According to MS documentation:
http://msdn.microsoft.com/en-us/library/ms715433%28v=VS.85%29.aspx
http://msdn.microsoft.com/en-us/library/ms713605%28v=VS.85%29.aspx

IM006 in SQLDriverConnectW means "Driver's SQLSetConnectAttr failed: (DM) 
During SQLDriverConnect, the Driver Manager called the driver's 
SQLSetConnectAttr function and the driver returned an error."

01000 in SQLSetConnectAttr means "General warning: Driver-specific 
informational message. (Function returns SQL_SUCCESS_WITH_INFO.)"

=> looks like it's a warning that could be ignored. However, pyodbc raises an 
exception pyodbc.Error, and there is no easy way for the python app to figure 
out if it's a real error or just a warning.
(especially when using SQLAlchemy or other frameworks on top of pyodbc)

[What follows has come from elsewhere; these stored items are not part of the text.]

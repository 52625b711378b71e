-- ===== src/Tests/Closing.antt =====
-- The theorem on the task of a host after a stop at a concrete state (host.rs).
use lantun.Connections.{disconnect_local_client_connection}
use lantun.Map.{contains_key, remove, insert, get}
use lantun.Host.{peer_eq}
use lantun.Addr.{addr_eq}
use lantun.Net.Tcp.{tcp-IsLoop}
use lantun.Host.Task.Stopping.{Steps-closed}
use lantun.Protocol.{tcp}
use lantun.Tests.Toy.{game, app, toy}
use lantun.Net.Tcp
use lantun.Host.Server
use lantun.Base.{
  bytes_eq, nat_eq, none, true, err, codes, ◌≡◌, Bytes, List, some, ◌≤◌, refl, ◌⊎◌, [], ◌∷◌,
}
use lantun.Host.Task.{next, here, Steps, Step, Task, forwards, returns, refuses}
use lantun.Forward.Session.{wake_socket, arm_socket, wake_tunnel, arm_tunnel, joined, step, start}
use lantun.Forward.{timeout_of, stopped, finished, Wake}

abbrev secret : Bytes
secret = 1 ∷ []

-- The task forwards a local connection when `stop` has set the flag and closed the endpoint.
abbrev busy : Task toy
busy = record {
  server = record {
    phase = Server.forwarding secret (Server.local_connection app);
    clients =
        (
          secret,
          record {
            local_connections =
                ((Server.local_connection app).client_virtual_addr, Server.local_connection app)
                ∷ [];
            connection = 5;
          },
        )
        ∷ [];
  };
  session = start 0;
  stop = true;
  closed = true;
  arrived = 0;
}

abbrev waits : Task toy
waits = record {
  server = record {
    phase = Server.accepting;
    clients = (secret, record { local_connections = []; connection = 5 }) ∷ [];
  };
  session = record {
    tunnel = record { phase = finished stopped; sent = [] };
    socket = record { phase = finished stopped; sent = [] };
    last_active = 0;
  };
  stop = true;
  closed = true;
  arrived = 0;
}

abbrev lost : Server.Request
lost = record {
  stream_error = some (codes "closed");
  packet = err [];
  socket_error = none;
  bind_error = λ v4 addr. none;
  connect_error = λ from to. none;
  has_peer = true;
}

busy-Steps : Steps toy tcp game Tcp.host_reader Tcp.host_writer busy 6 waits
unfolding start step joined nat_eq addr_eq bytes_eq peer_eq Tcp.tunnel_to_tcp_host
    Tcp.tcp_to_tunnel_host timeout_of Server.on_event Server.handle_request Server.drop_local
    Server.local_connection get insert remove contains_key disconnect_local_client_connection
busy-Steps = next (forwards busy secret (Server.local_connection app) (arm_tunnel 0) refl refl tt) (
    next
      (forwards _ secret (Server.local_connection app) (wake_tunnel 1 (Wake.stop_changed true)) refl
        (20, refl) tt)
      (next (forwards _ secret (Server.local_connection app) (arm_socket 0) refl refl tt) (
        next
          (forwards _ secret (Server.local_connection app) (wake_socket 1 (Wake.stop_changed true))
            refl (20, refl) tt)
          (next (returns _ secret (Server.local_connection app) refl (λ p. cc))
            (next (refuses _ secret lost (codes "closed") refl refl refl) here)))))

abbrev quiet : List (Server.Event toy)
quiet = Server.no_connection ∷ Server.handshake_failed ∷ []

Steps-closed_example :
    (6 ≤ 6)
    × ((((waits.server.phase ≡ Server.accepting)
            × (Server.run toy tcp game quiet waits.server ≡ waits.server))
          ⊎ (waits.server.phase ≡ Server.crashed))
        ⊎ ((t : Task toy) × Step toy tcp game Tcp.host_reader Tcp.host_writer waits t))
Steps-closed_example =
    Steps-closed toy tcp game Tcp.host_reader Tcp.host_writer tcp-IsLoop.0 tcp-IsLoop.1 quiet
      busy-Steps refl refl (tt, (tt, tt))
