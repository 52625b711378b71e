-- ===== src/Tests/Keys.antt =====
-- A concrete runtime that meets `IsRuntime`: a key is 32 bytes.
use lantun.Runtime.{IsRuntime, Runtime}
use lantun.Base.{
  zero, ◌∷◌, ap, none, suc, sym, Option, [], bytes_eq, nat_eq, refl, some, Bytes, length, ℕ, ◌≡◌,
}
use mathlib.Core.HLevel.{Σ_prop_path}
use mathlib.Core.Option.{some-injective}

abbrev pub Key : Type 0
Key = (b : Bytes) × (length b ≡ 32)

Key-path : (k j : Key) → k.0 ≡ j.0 → k ≡ j
Key-path k j p = Σ_prop_path (λ b. hlevel) p

pub Key-discrete : Discrete Key
Key-discrete k j = elim (bytes_eq.dec k.0 j.0) [
  | yes p ↦ yes (Key-path k j p)
  | no n ↦ no (λ p. n (ap (λ k. k.0) p))
]

abbrev zeros : ℕ → Bytes
zeros zero = []
zeros (suc n) = 0 ∷ zeros n

abbrev key_of : (b : Bytes) → Dec (length b ≡ 32) → Key
key_of b (yes e) = (b, e)
key_of b (no _) = (zeros 32, refl)

abbrev public_of : (b : Bytes) → Dec (length b ≡ 32) → Option Key
public_of b (yes e) = some ((b, e))
public_of b (no _) = none

abbrev pub keys : Runtime
keys = record {
  SecretKey = Key;
  PublicKey = Key;
  Endpoint = ℕ;
  Connection = ℕ;
  StopSender = ℕ;
  secret_from = λ b. key_of b (nat_eq.dec (length b) 32);
  secret_bytes = λ k. k.0;
  public_key = λ k. k;
  public_from = λ b. public_of b (nat_eq.dec (length b) 32);
  public_bytes = λ k. k.0;
  same_peer = Key-discrete;
}

key_of-bytes : (b : Bytes) (d : Dec (length b ≡ 32)) → length b ≡ 32 → (key_of b d).0 ≡ b
key_of-bytes b (yes e) h = refl
key_of-bytes b (no n) h = absurd (n h)

public_of-bytes : (b : Bytes) (d : Dec (length b ≡ 32)) (k : Key) → public_of b d ≡ some k → k.0 ≡ b
public_of-bytes b (yes e) k h = sym (ap (λ k. k.0) (some-injective _ _ h))
public_of-bytes b (no n) k h = cc

public_of-key : (k : Key) (d : Dec (length k.0 ≡ 32)) → public_of k.0 d ≡ some k
public_of-key k (yes e) = ap some (Key-path _ k refl)
public_of-key k (no n) = absurd (n k.1)

key_of-key : (k : Key) (d : Dec (length k.0 ≡ 32)) → key_of k.0 d ≡ k
key_of-key k (yes e) = Key-path _ k refl
key_of-key k (no n) = absurd (n k.1)

pub keys-IsRuntime : IsRuntime keys
keys-IsRuntime = record {
  secret_bytes-secret_from = λ b h. key_of-bytes b (nat_eq.dec (length b) 32) h;
  secret_from-secret_bytes = λ k. key_of-key k (nat_eq.dec (length k.0) 32);
  length-secret_bytes = λ k. k.1;
  public_bytes-public_from = λ b k h. public_of-bytes b (nat_eq.dec (length b) 32) k h;
  public_from-public_bytes = λ k. public_of-key k (nat_eq.dec (length k.0) 32);
  length-public_bytes = λ k. k.1;
}

abbrev pub repeat : ℕ → Bytes
repeat zero = []
repeat (suc n) = 7 ∷ repeat n

abbrev pub bob : Key
bob = (repeat 32, refl)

I haven't seen so far what is the real cause of the warning and why it happens 
only on that specific server, but it would be much better if pyodbc could 
provide more info about exceptions to avoid this issue, or if it could ignore 
such warnings when the result of a call is SQL_SUCCESS_WITH_INFO instead of 
SQL_SUCCESS.

What version of the product are you using? On what operating system?
pyodbc 2.1.7 installed on Python 2.6.5, Windows 2003 SP2, MS SQL Server 2005 
full license (not Express edition)

Please provide any additional information below.

Original issue reported on code.google.com by decal...@laposte.net on 29 Jul 2010 at 11:58

GoogleCodeExporter commented 9 years ago
First, is it possible to use a DSN-less connection?  I think that is a valid 
work around.  See here: http://support.microsoft.com/kb/822841

Second, I looked for a way to work around it in the library, but it isn't that 
straightforward.  It is being reported as an error, not as 
SQL_SUCCESS_WITH_INFO.  The SQL_SUCCEEDED macro I use everywhere treats both 
SUCCESS and SUCCESS_WITH_INFO as success, so I always ignore warnings.

That means the connection probably did fail anyway, so ignoring it won't do any 
good.

Notice that the article I linked to mentioned a hotfix is available.  Since it 
is so old, I suspect one of your servers is not up to date with patches?  Is 
that something you can look into also?

I'm going to put this on hold until I hear back, but I'm pretty sure that (1) 
patches or (2) a DSN-less connection would be the best fixes.